Published by On Line Opinion, Australia’s leading e-journal of social and political debate.

416263080_56111a9fcaRecently, the Rudd Government introduced the central plank of its climate change policy to the Parliament. And it’s a sure bet that the so-called Carbon Pollution Reduction Scheme legislation, which sets up a national emissions trading scheme, will continue to attract criticism from across the political spectrum.

I am not interested in criticising the design or impact of the ETS here, I will leave that to people already engaged in that debate. What I am interested in highlighting are the opportunity costs of the Rudd Government’s climate policy program – alternative policies our government might have pursued to reduce Australia’s climate impact.

Batteries, transmission lines, and intellectual property rights are the last things that come to mind when we think about climate change. Yet it is these seemingly irrelevant and barely mentioned issues that are central to dealing with our changing climate. As the goal of creating a new energy economy fueled by cheap renewable energy becomes the focal point of global climate change policy, such matters should be seen as important drivers for making the clean energy economy a reality.

When speaking of batteries, transmission lines, and intellectual property, I’m really referring to the reliability of clean energy technology, the access we have to renewable resources, and the ongoing innovation and low-cost manufacturing of clean energy hardware: factors which influence the economic viability of renewable energy.

Let’s consider the role of batteries first. The potential for achieving reliable energy from renewable sources is constrained by our ability to store it effectively. How can energy from the sun and wind power our communities year round when these resources are intermittent? Through strategic public investments in R&D for improved battery technology, Australia can position itself as an indispensable part of the renewable energy supply-chain. Such a policy will allow Australia to work with its relatively small tax pool and R&D expenditure and contribute to climate change solutions by making renewable energy more reliable.

Access to renewable resources is central to the economic and practical viability of renewable energy production.
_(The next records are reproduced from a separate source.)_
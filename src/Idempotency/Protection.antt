-- ===== src/Idempotency/Protection.antt =====
-- What the guard of internal/application/idempotency/guard.go promises for a delivery.
use cross_border_ecommerce.Base.{
  ℕ, ◌≡◌, ◌≢◌, refl, ap, subst, inl, inr, Bool, true, false, not, Option, none, some, if◌then◌else◌,
  Bool-cases, length, ◌==◌, Text, text_eq, is_blank, sle, Error, Result, ok, err, key_in_progress,
  invalid_scope, invalid_key, invalid_payload_hash, invalid_lease_ttl,
}
use cross_border_ecommerce.Idempotency.Store.{
  Table, Row, RowStatus, in_progress, completed, ClaimStatus, acquired, already_completed, Claim,
  Session, is_in_progress, with_token, claim_key, claim_statement, claim_answer, inspect,
}
use cross_border_ecommerce.Idempotency.Table.{IsCompleted}
use cross_border_ecommerce.Idempotency.Guard.{
  Message, Handler, Guard, Delivery, settle, after_handler, after_claim, with_fresh, guarded,
}

err-ne-ok : (e : Error) (r : Result (Unit {0})) → r ≡ err e → r ≢ ok tt
err-ne-ok e r h h' = cc

-- What a claim that is answered says about the table: the key is completed, or it is this holder's.
abbrev pub ClaimMeans : Text → Text → Table → Claim → ClaimStatus → Type 0
ClaimMeans scope key table claim already_completed = IsCompleted (table scope key)
ClaimMeans scope key table claim acquired = (claim.scope ≡ scope) × (claim.key ≡ key)

-- A handler that marks the claim only where its transaction leaves the key completed.
abbrev pub CompletesWhenMarked : Handler → Type 0
CompletesWhenMarked h =
    (claim : Claim) (msg : Message) (table : Table)
    → (h claim msg table).marked ≡ true
    → (h claim msg table).result ≡ ok tt
    → IsCompleted ((h claim msg table).table claim.scope claim.key)

abbrev pub ResultMeans : Text → Text → Table → Result Claim → Type 0
ResultMeans scope key table (err e) = Unit
ResultMeans scope key table (ok claim) = ClaimMeans scope key table claim claim.status

in_progress-means :
    (scope key : Text) (table : Table) (claim : Claim) (s : RowStatus)
    → claim.status ≡ already_completed
    → (s ≡ completed → IsCompleted (table scope key))
    → ResultMeans scope key table (if is_in_progress s then err key_in_progress else ok claim)
in_progress-means scope key table claim in_progress e k = tt
in_progress-means scope key table claim completed e k = rw e (k refl)

inspect-means :
    (scope key hash : Text) (fault : Option Error) (table : Table) (row : Option Row)
    → row ≡ table scope key
    → ResultMeans scope key table (inspect scope key hash fault row)
inspect-means scope key hash (some e) table row h = tt
inspect-means scope key hash none table none h = tt
inspect-means scope key hash none table (some r) h =
    elim (Bool-cases (text_eq r.payload_hash hash)) [
      | inl e ↦
          rw e (in_progress-means scope key table _ r.status refl (λ c. subst IsCompleted h c))
      | inr e ↦ rw e tt
    ]

claim_answer-means :
    (db : Session) (scope key hash token : Text) (row : Option Row) (table : Table)
    → ResultMeans scope key
        (claim_answer db scope key hash token row table).0
        (claim_answer db scope key hash token row table).1
unfolding claim_answer
claim_answer-means db scope key hash token (some row) table = (refl, refl)
claim_answer-means db scope key hash token none table =
    inspect-means scope key hash db.get_fault (db.meanwhile table) _ refl

claim_statement-means :
    (db : Session) (scope key hash token : Text) (ttl : ℕ) (fault : Option Error) (table : Table)
    → ResultMeans scope key
        (claim_statement db scope key hash token ttl fault table).0
        (claim_statement db scope key hash token ttl fault table).1
unfolding claim_statement
claim_statement-means db scope key hash token ttl (some e) table = tt
claim_statement-means db scope key hash token ttl none table =
    claim_answer-means db scope key hash token _ table

with_token-means :
    (db : Session) (scope key hash : Text) (ttl : ℕ) (token : Result Text) (table : Table)
    → ResultMeans scope key
        (with_token token table
          (λ t. claim_statement db scope key hash t ttl db.claim_fault table)).0
        (with_token token table
          (λ t. claim_statement db scope key hash t ttl db.claim_fault table)).1
with_token-means db scope key hash ttl (err e) table = tt
with_token-means db scope key hash ttl (ok t) table =
    claim_statement-means db scope key hash t ttl db.claim_fault table

if-means :
    (scope key : Text) (b : Bool) (e : Error) (table : Table) (x : Table × Result Claim)
    → ResultMeans scope key x.0 x.1
    → ResultMeans scope key (if b then (table, err e) else x).0 (if b then (table, err e) else x).1
if-means scope key true e table x h = tt
if-means scope key false e table x h = h

claim_key-means :
    (db : Session) (scope key hash token : Text) (ttl : ℕ) (table : Table)
    → ResultMeans scope key
        (claim_key db scope key hash token ttl table).0
        (claim_key db scope key hash token ttl table).1
unfolding claim_key
claim_key-means db scope key hash token ttl table =
    if-means scope key (is_blank scope) invalid_scope table _ (
      if-means scope key (is_blank key) invalid_key table _ (
        if-means scope key (not (length hash == 32)) invalid_payload_hash table _ (
          if-means scope key (sle ttl 0) invalid_lease_ttl table _
            (with_token-means db scope key hash ttl (db.uuid_of token) table))))

settle-ok :
    (d : Delivery) (scope key token : Text) (table table' : Table) (marked : Bool)
    (result : Result (Unit {0}))
    → settle d scope key token table marked result ≡ (table', ok tt)
    → (marked ≡ true) × ((result ≡ ok tt) × (table ≡ table'))
unfolding settle
settle-ok d scope key token table table' marked (err e) h = cc
settle-ok d scope key token table table' false (ok u) h = cc
settle-ok d scope key token table table' true (ok u) h = (refl, (refl, ap (λ x. x.0) h))

after_claim-ok :
    (d : Delivery) (scope token : Text) (next : Handler) (msg : Message) (table table' : Table)
    (claim : Claim) (status : ClaimStatus)
    → CompletesWhenMarked next
    → ClaimMeans scope msg.event_id table claim status
    → (elim status [
      | already_completed ↦ (table, ok tt)
      | acquired ↦ after_handler d scope msg.event_id token (next claim msg table)
    ])
      ≡ (table', ok tt)
    → IsCompleted (table' scope msg.event_id)
unfolding after_handler
after_claim-ok d scope token next msg table table' claim already_completed c m h =
    subst (λ t. IsCompleted (t scope msg.event_id)) (ap (λ x. x.0) h) m
after_claim-ok d scope token next msg table table' claim acquired c m h =
    let o = next claim msg table in
    let (e, (e', e'')) = settle-ok d scope msg.event_id token o.table table' o.marked o.result h in
    subst (λ t. IsCompleted (t scope msg.event_id)) e''
      (subst (λ k. IsCompleted (o.table scope k)) m.1
        (subst (λ s. IsCompleted (o.table s claim.key)) m.0 (c claim msg table e e')))

after_result-ok :
    (d : Delivery) (scope token : Text) (next : Handler) (msg : Message) (table table' : Table)
    (result : Result Claim)
    → CompletesWhenMarked next
    → ResultMeans scope msg.event_id table result
    → after_claim d scope token next msg (table, result) ≡ (table', ok tt)
    → IsCompleted (table' scope msg.event_id)
unfolding after_claim
after_result-ok d scope token next msg table table' (err e) c m h = cc
after_result-ok d scope token next msg table table' (ok claim) c m h =
    after_claim-ok d scope token next msg table table' claim claim.status c m h

with_fresh-ok :
    (g : Guard) (d : Delivery) (scope : Text) (next : Handler) (msg : Message)
    (table table' : Table) (token : Result Text)
    → CompletesWhenMarked next
    → with_fresh token table (λ token.
      after_claim d scope token next msg (
        claim_key d.claim_session scope msg.event_id
          (d.sha256 msg.payload)
          token
          g.lease_ttl
          table))
      ≡ (table', ok tt)
    → IsCompleted (table' scope msg.event_id)
with_fresh-ok g d scope next msg table table' (err e) c h = cc
with_fresh-ok g d scope next msg table table' (ok token) c h =
    after_result-ok d scope token next msg _ table' _ c
      (claim_key-means d.claim_session scope msg.event_id (d.sha256 msg.payload) token g.lease_ttl
        table)
      h

-- A delivery is acknowledged only for a completed key: where the guarded handler returns nil, the row of
-- its scope and event id is COMPLETED in the table that it leaves, provided that the inner handler
-- marks its claim only in a transaction that completes the key of the claim. Whatever the state of the
-- key, the errors of the database and the other sessions were.
pub guarded-ok :
    (g : Guard) (d : Delivery) (scope : Text) (next : Handler) (msg : Message)
    (table table' : Table)
    → CompletesWhenMarked next
    → guarded g d scope next msg table ≡ (table', ok tt)
    → IsCompleted (table' scope msg.event_id)
unfolding guarded
guarded-ok g d scope next msg table table' c h = elim (Bool-cases (is_blank msg.event_id)) [
  | inl e ↦ elim (err-ne-ok invalid_key _ refl (ap (λ x. x.1) (rw e at h))) [ ]
  | inr e ↦ with_fresh-ok g d scope next msg table table' d.token c (rw e at h)
]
Currently, our ability to harness such resources is constrained by out-dated infrastructure that privileges polluting energy. How can we harness energy from the wind, sky, sea, and earth if our electricity grid is geared towards the old energy sources of our polluting past? A case in point is Australia’s windy southern coast – the longest ice-free coastline in the southern hemisphere. This vast resource is ripe for renewable energy development yet is not connected to the national grid. Our sunny deserts, geothermal hotspots and tidal zones are similarly disconnected. Without government investment in transmission lines to renewable energy hot-spots, clean energy production will never be viable in Australia.

Continued innovation and low-cost manufacturing will increase the affordability of renewable energy technology over time. But lax intellectual property (IP) protection in nations like China currently stifles both. How can we achieve affordable renewable energy technology through low-cost manufacturing if innovation is not protected from IP theft in those nations? The mutually beneficial situation of Chinese manufacturing of Australian innovations is impossible while IP theft and cheap imitations are tolerated. Guaranteed IP protections will spur on energy innovators, who should have their innovations rewarded, not stolen.
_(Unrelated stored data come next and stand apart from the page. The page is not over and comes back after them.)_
-- ===== src/Idempotency/Retry.antt =====
-- A delivery that fails can be taken up again at once (release and the deferred recovery of
-- internal/application/idempotency/guard.go).
use cross_border_ecommerce.Base.{
  ℕ, ◌≤◌, ◌≡◌, ◌≢◌, refl, sym, ap, ◌∙◌, subst, ◌⊎◌, inl, inr, Bool, true, false, none, some, le→leb,
  Text, text_eq_refl, is_blank, Error, Result, ok, err,
}
use cross_border_ecommerce.Idempotency.Store.{
  Table, Row, in_progress, Session, put, released_row, release_key, claimed_row,
}
use cross_border_ecommerce.Idempotency.Fencing.{claimed_row_iff}
use cross_border_ecommerce.Idempotency.Guard.{Outcome, Delivery, release, settle, after_handler}

-- The handler returned an error or panicked, or it returned nil without a mark.
abbrev pub HasFailed : Outcome → Type 0
HasFailed o = (o.marked ≡ false) ⊎ ((e : Error) × (o.result ≡ err e))

settle-failed :
    (d : Delivery) (scope key token : Text) (table : Table) (marked : Bool)
    (result : Result (Unit {0}))
    → (marked ≡ false) ⊎ ((e : Error) × (result ≡ err e))
    → ((settle d scope key token table marked result).0 ≡ release d scope key token table)
      × ((settle d scope key token table marked result).1 ≢ ok tt)
unfolding settle
settle-failed d scope key token table marked (err e) h = (refl, λ e'. cc)
settle-failed d scope key token table false (ok u) h = (refl, λ e'. cc)
settle-failed d scope key token table true (ok u) (inl h) = cc
settle-failed d scope key token table true (ok u) (inr h) = cc

put-same :
    (scope key : Text) (row : Row) (table : Table) → put scope key row table scope key ≡ some row
unfolding put
put-same scope key row table = rw (text_eq_refl scope, text_eq_refl key) refl

-- A release of a lease that is held ends it at the instant of the release.
release_key-held :
    (db : Session) (scope key token : Text) (table : Table) (r : Row)
    → is_blank scope ≡ false
    → is_blank key ≡ false
    → db.uuid_of token ≡ ok token
    → db.write_fault ≡ none
    → table scope key ≡ some r
    → r.status ≡ in_progress
    → r.lease_token ≡ some token
    → (release_key db scope key token table).0 scope key
      ≡ some (record r { lease_expires_at = some db.now })
unfolding release_key released_row
release_key-held db scope key token table r hs hk hu hf hr hp ht =
    rw (hs, hk, hu, hf, hr) (rw (ht, text_eq_refl token, hp) (put-same scope key _ table))

-- A failed delivery frees its key at once: where the handler fails while its lease is still held, and
-- the release reaches the database, the guard reports the failure, and any claim of the key with the
-- same payload from the instant of the release on is granted, without waiting for the lease to run out.
pub failed-reclaimable :
    (d : Delivery) (scope key token : Text) (o : Outcome) (r : Row) (token' : Text)
    (lease_ms now : ℕ)
    → HasFailed o
    → is_blank scope ≡ false
    → is_blank key ≡ false
    → d.release_session.uuid_of token ≡ ok token
    → d.release_session.write_fault ≡ none
    → o.table scope key ≡ some r
    → r.status ≡ in_progress
    → r.lease_token ≡ some token
    → d.release_session.now ≤ now
    → ((after_handler d scope key token o).1 ≢ ok tt)
      × (claimed_row
            ((after_handler d scope key token o).0 scope key)
            r.payload_hash
            token'
            lease_ms
            now
          ≢ none)
unfolding after_handler
failed-reclaimable d scope key token o r token' lease_ms now f hs hk hu hf hr hp ht hn =
    let (e, n) = settle-failed d scope key token o.table o.marked o.result f in
    (
      n,
      subst (λ x. claimed_row x r.payload_hash token' lease_ms now ≢ none)
          (sym (
            ap (λ t. t scope key) e
            ∙ release_key-held d.release_session scope key token o.table r hs hk hu hf hr hp ht))
          ((claimed_row_iff (record r { lease_expires_at = some d.release_session.now })
              r.payload_hash token' lease_ms now).1
            (hp, (le→leb d.release_session.now now hn, refl))),
    )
Unfortunately, our government has not publicly recognised the importance of these issues in dealing with our changing climate. Our government has repeatedly failed to elevate these issues in climate change policy discourse and formulate policy responses. Recent examples include the missed opportunity to allocate funds from the Rudd Government’s fiscal stimulus package in new transmission lines to areas rich in renewable energy resources, and achieve more bang-for-the-buck by ensuring that the newly formed Australian Solar Institute conducts strategic research on battery technology.

Additionally, there is Trade Minister Simon Crean’s announcement of a free trade agreement with ASEAN nations – many of which are on the US Department of Trade’s watchlist of intellectual property violators – without mentioning the implications for intellectual property rights. Such actions demonstrate that these initiatives are low on the Rudd Government’s agenda.

Our Government should not bear all the blame for this situation. The environmental lobby is also partly responsible. For too long, climate change advocates have focused the climate policy agenda on the three T’s: targets, trading schemes, and treaties. By advocating a laudable – but unlikely – international treaty capping global carbon emissions; a politically challenging – and potentially ineffective – carbon emissions trading scheme here in Australia; and perpetuating assumption that a “strong” reduction target is synonymous with our capacity to reduce emissions, the environmental lobby has diverted attention away from policy areas with great potential for advancing the new energy economy.

So where to from here? Climate change advocates must look beyond the three T’s and start communicating the importance of policies like the ones I have mentioned here. This can be followed by a concerted effort to educate the public and ensure that good policy is good politics for our government. Such an approach might have the additional benefit of receiving less resistance from vested interests intent on thwarting action on climate change.